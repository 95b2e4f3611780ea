-- ===== src/Shim/Frames.antt =====
-- kmalloc of two pages and kfree of the result, in kernel/src/drivers/linux_shim/mod.rs.
use native.Mathlib.Nat.{add-zero}
use nonameos.Prelude.{
  ℕ, ◌+◌, ◌*◌, ◌/◌, ◌≤◌, ◌<◌, ◌≡◌, ◌≢◌, ◌∙◌, refl, ap, subst, true, false, List, [], ◌∷◌, some,
  replicate, ltb, ◌==◌, Bool-cases, ==_refl, inl, inr, arith,
}
use nonameos.Prelude.Find.{find_index}
use nonameos.Memory.{page_size, align_up, align_down}
use nonameos.Memory.Align.{align_up_page, align_down_page}
use nonameos.Memory.Phys.{Phys, alloc_frame, free_frame}
use nonameos.Memory.Phys.Bitmap.{used}
use nonameos.Memory.Phys.Alloc.{IsValid, Marked, Freed, alloc_frame_lem, free_frame_lem}
use nonameos.Shim.{
  Shim, AllocEntry, empty_alloc, alloc_table_insert, alloc_table_remove, take_frames, give_block,
  hand_out, kmalloc, kfree,
}

-- The lowest free frame.
pub record IsNext (p : Phys) (f : ℕ) : Type 0 where
  pub within : f < p.total_frames
  pub is_free : used p f ≡ false
  pub lowest : (h : ℕ) → h < f → used p h ≡ true

module _ (p : Phys) (v : IsValid p) (f : ℕ) where
  alloc_next :
      IsNext p f → (q : Phys) × (alloc_frame p ≡ some (some (f * page_size), q)) × Marked p f q
  alloc_next n = elim (alloc_frame_lem p v) [
    | inl (e, all_used, none_free) ↦ absurd (cc (all_used f n.within, n.is_free))
    | inr (frame, q, e, a) ↦ elim (Bool-cases (ltb frame f)) [
      | inl below ↦ absurd (cc (n.lowest frame (ground arith), a.was_free))
      | inr above ↦ elim (Bool-cases (ltb f frame)) [
        | inl below ↦ absurd (cc (a.lowest f (ground arith), n.is_free))
        | inr same ↦
            let here : frame ≡ f = ground arith in
            (
              q,
              e ∙ ap (λ (k : ℕ). some (some (k * page_size), q)) here,
              subst (λ (k : ℕ). Marked p k q) here a.marked,
            )
      ]
    ]
  ]

  free_at : f < p.total_frames → (q : Phys) × (free_frame (f * page_size) p ≡ some q) × Freed p f q
  free_at lt =
      let (q, e, freed) = free_frame_lem p v f lt 0 (omega arith) in
      (q, rw (add-zero (f * page_size)) at e, freed)

take_two :
    (p p1 p2 : Phys) (a b : ℕ)
    → alloc_frame p ≡ some (some a, p1)
    → alloc_frame p1 ≡ some (some b, p2)
    → take_frames 2 [] p ≡ some (some (a ∷ b ∷ []), p2)
unfolding take_frames
take_two p p1 p2 a b e1 e2 = rw (take_frames, e1, e2)

-- The table with one allocation in it, and the allocation taken out again.
abbrev untouched : List AllocEntry
untouched = replicate 256 empty_alloc

inserted :
    (a : ℕ)
    → alloc_table_insert a 2 untouched
      ≡ record { addr = a; page_count = 2 } ∷ replicate 255 empty_alloc
unfolding alloc_table_insert find_index
inserted a = refl

removed :
    (a : ℕ)
    → alloc_table_remove a (record { addr = a; page_count = 2 } ∷ replicate 255 empty_alloc)
      ≡ (2, untouched)
unfolding alloc_table_remove
removed a = rw (alloc_table_remove, found)
  where
    found :
        find_index
          (λ (e : AllocEntry). e.addr == a)
          (record { addr = a; page_count = 2 } ∷ replicate 255 empty_alloc)
        ≡ some 0
    found = unfold find_index in rw (==_refl a)

give_two :
    (p p1 p2 : Phys) (a : ℕ)
    → free_frame a p ≡ some p1
    → free_frame (a + page_size) p1 ≡ some p2
    → give_block 2 a p ≡ some p2
unfolding give_block
give_two p p1 p2 a e1 e2 = rw (give_block, e1, e2)

two_pages :
    (size : ℕ) → page_size < size → size ≤ 2 * page_size → align_up size page_size / page_size ≡ 2
two_pages size lo hi = omega (arith, align_up_page size)

module _ (s : Shim) (p : Phys) (size flags a b : ℕ) (p1 : Phys) (lo : page_size < size)
    (hi : size ≤ 2 * page_size) (fresh : s.alloc_table ≡ untouched) where
  after_kmalloc : (p2 : Phys) → Shim
  after_kmalloc p2 = (hand_out 2 flags (some (a ∷ b ∷ [])) p2 s).1

  kmalloc_two :
      (p2 : Phys)
      → alloc_frame s.phys ≡ some (some a, p1)
      → alloc_frame p1 ≡ some (some b, p2)
      → kmalloc size flags s ≡ some (a, after_kmalloc p2)
  unfolding kmalloc after_kmalloc
  kmalloc_two p2 e1 e2 =
      let nonzero : (size == 0) ≡ false = ground arith in
      rw (kmalloc, nonzero, two_pages size lo hi, take_two s.phys p1 p2 a b e1 e2)

  after_kfree : Phys → Shim
  after_kfree q = record s { alloc_table = untouched; phys = q; mem = (after_kmalloc q).mem }

  kfree_two :
      (p2 q1 q2 : Phys)
      → align_down a page_size ≡ a
      → a ≢ 0
      → free_frame a p2 ≡ some q1
      → free_frame (a + page_size) q1 ≡ some q2
      → kfree a (after_kmalloc p2) ≡ some (after_kfree q2)
  unfolding kfree after_kmalloc after_kfree hand_out
  kfree_two p2 q1 q2 down pos g1 g2 =
      let nonzero : (a == 0) ≡ false = ground arith in
      rw (kfree, fresh, down, inserted a, removed a, nonzero, give_two p2 q1 q2 a g1 g2)

module _ (s : Shim) (v : IsValid s.phys) (fresh : s.alloc_table ≡ untouched) (f g : ℕ) where
  -- The two lowest free frames are not neighbours.
  pub record IsApart : Type 0 where
    pub next : IsNext s.phys f
    pub positive : 0 < f
    pub above : f + 1 < g
    pub within : g < s.phys.total_frames
    pub second_free : used s.phys g ≡ false
    pub between : (h : ℕ) → f < h → h < g → used s.phys h ≡ true

  second_next : (n : IsApart) (p1 : Phys) → Marked s.phys f p1 → IsNext p1 g
  second_next n p1 m = record {
    within = omega (arith, n.within, m.total);
    is_free = ground (arith, m.now_used g, n.above, n.second_free);
    lowest = λ h lt. ground (arith, m.now_used h, n.next.lowest h, n.between h);
  }

  -- `kfree` of what `kmalloc` handed out took the frame behind the first one from its owner, and
  -- left the second frame taken.
  pub record Steals (size flags : ℕ) : Type 0 where
    pub mallocd : Shim
    pub freed : Shim
    pub kmalloc_lem : kmalloc size flags s ≡ some (f * page_size, mallocd)
    pub kfree_lem : kfree (f * page_size) mallocd ≡ some freed
    pub was_used : used s.phys (f + 1) ≡ true
    pub now_free : used freed.phys (f + 1) ≡ false
    pub still_used : used freed.phys g ≡ true

  swapped :
      IsApart
      → (p1 p2 q1 q2 : Phys) → Marked p1 g p2
      → Freed p2 f q1
      → Freed q1 (f + 1) q2
      → (used q2 (f + 1) ≡ false) × (used q2 g ≡ true)
  swapped n p1 p2 q1 q2 m2 fr1 fr2 = (
    fr2.now_free (f + 1) ∙ rw (==_refl (f + 1)),
    ground (arith, fr2.now_free g, fr1.now_free g, m2.now_used g, n.above),
  )

  aligned : IsApart → align_down (f * page_size) page_size ≡ f * page_size
  aligned n = omega (arith, align_down_page (f * page_size), n.above, n.within, v.total)

  -- With a valid frame allocator whose two lowest free frames are not neighbours, and an empty
  -- table of allocations, `kmalloc` of more than one page and at most two succeeds; `kfree` of the
  -- result frees the frame behind the first one, which was in use before, and leaves the second of
  -- the two frames in use.
  pub kfree-Steals :
      (size flags : ℕ) → IsApart → page_size < size → size ≤ 2 * page_size → Steals size flags
  unfolding after_kfree
  kfree-Steals size flags n lo hi =
      let (p1, e1, m1) = alloc_next s.phys v f n.next in
      let (p2, e2, m2) = alloc_next p1 m1.valid g (second_next n p1 m1) in
      let (q1, g1, fr1) =
        free_at p2 m2.valid f (omega (arith, n.next.within, m1.total, m2.total)) in
      let (q2, g2, fr2) =
        free_at q1 fr1.valid (f + 1)
          (omega (arith, n.above, n.within, m1.total, m2.total, fr1.total)) in
      let b = g * page_size in
      let a = f * page_size in
      record {
        mallocd = after_kmalloc s s.phys size flags a b p1 lo hi fresh p2;
        freed = after_kfree s s.phys size flags a b p1 lo hi fresh q2;
        kmalloc_lem = kmalloc_two s s.phys size flags a b p1 lo hi fresh p2 e1 e2;
        kfree_lem =
            kfree_two s s.phys size flags a b p1 lo hi fresh p2 q1 q2 (aligned n)
              (λ e. absurd (omega (arith, n.positive, e))) g1 (rw next_page at g2);
        was_used = n.between (f + 1) (omega arith) n.above;
        now_free = (swapped n p1 p2 q1 q2 m2 fr1 fr2).0;
        still_used = (swapped n p1 p2 q1 q2 m2 fr1 fr2).1;
      }
    where
      next_page : (f + 1) * page_size ≡ f * page_size + page_size
      next_page = omega arith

Work task
Within the data, how many lines hold the word "above"? State the number alone.

Your solution
7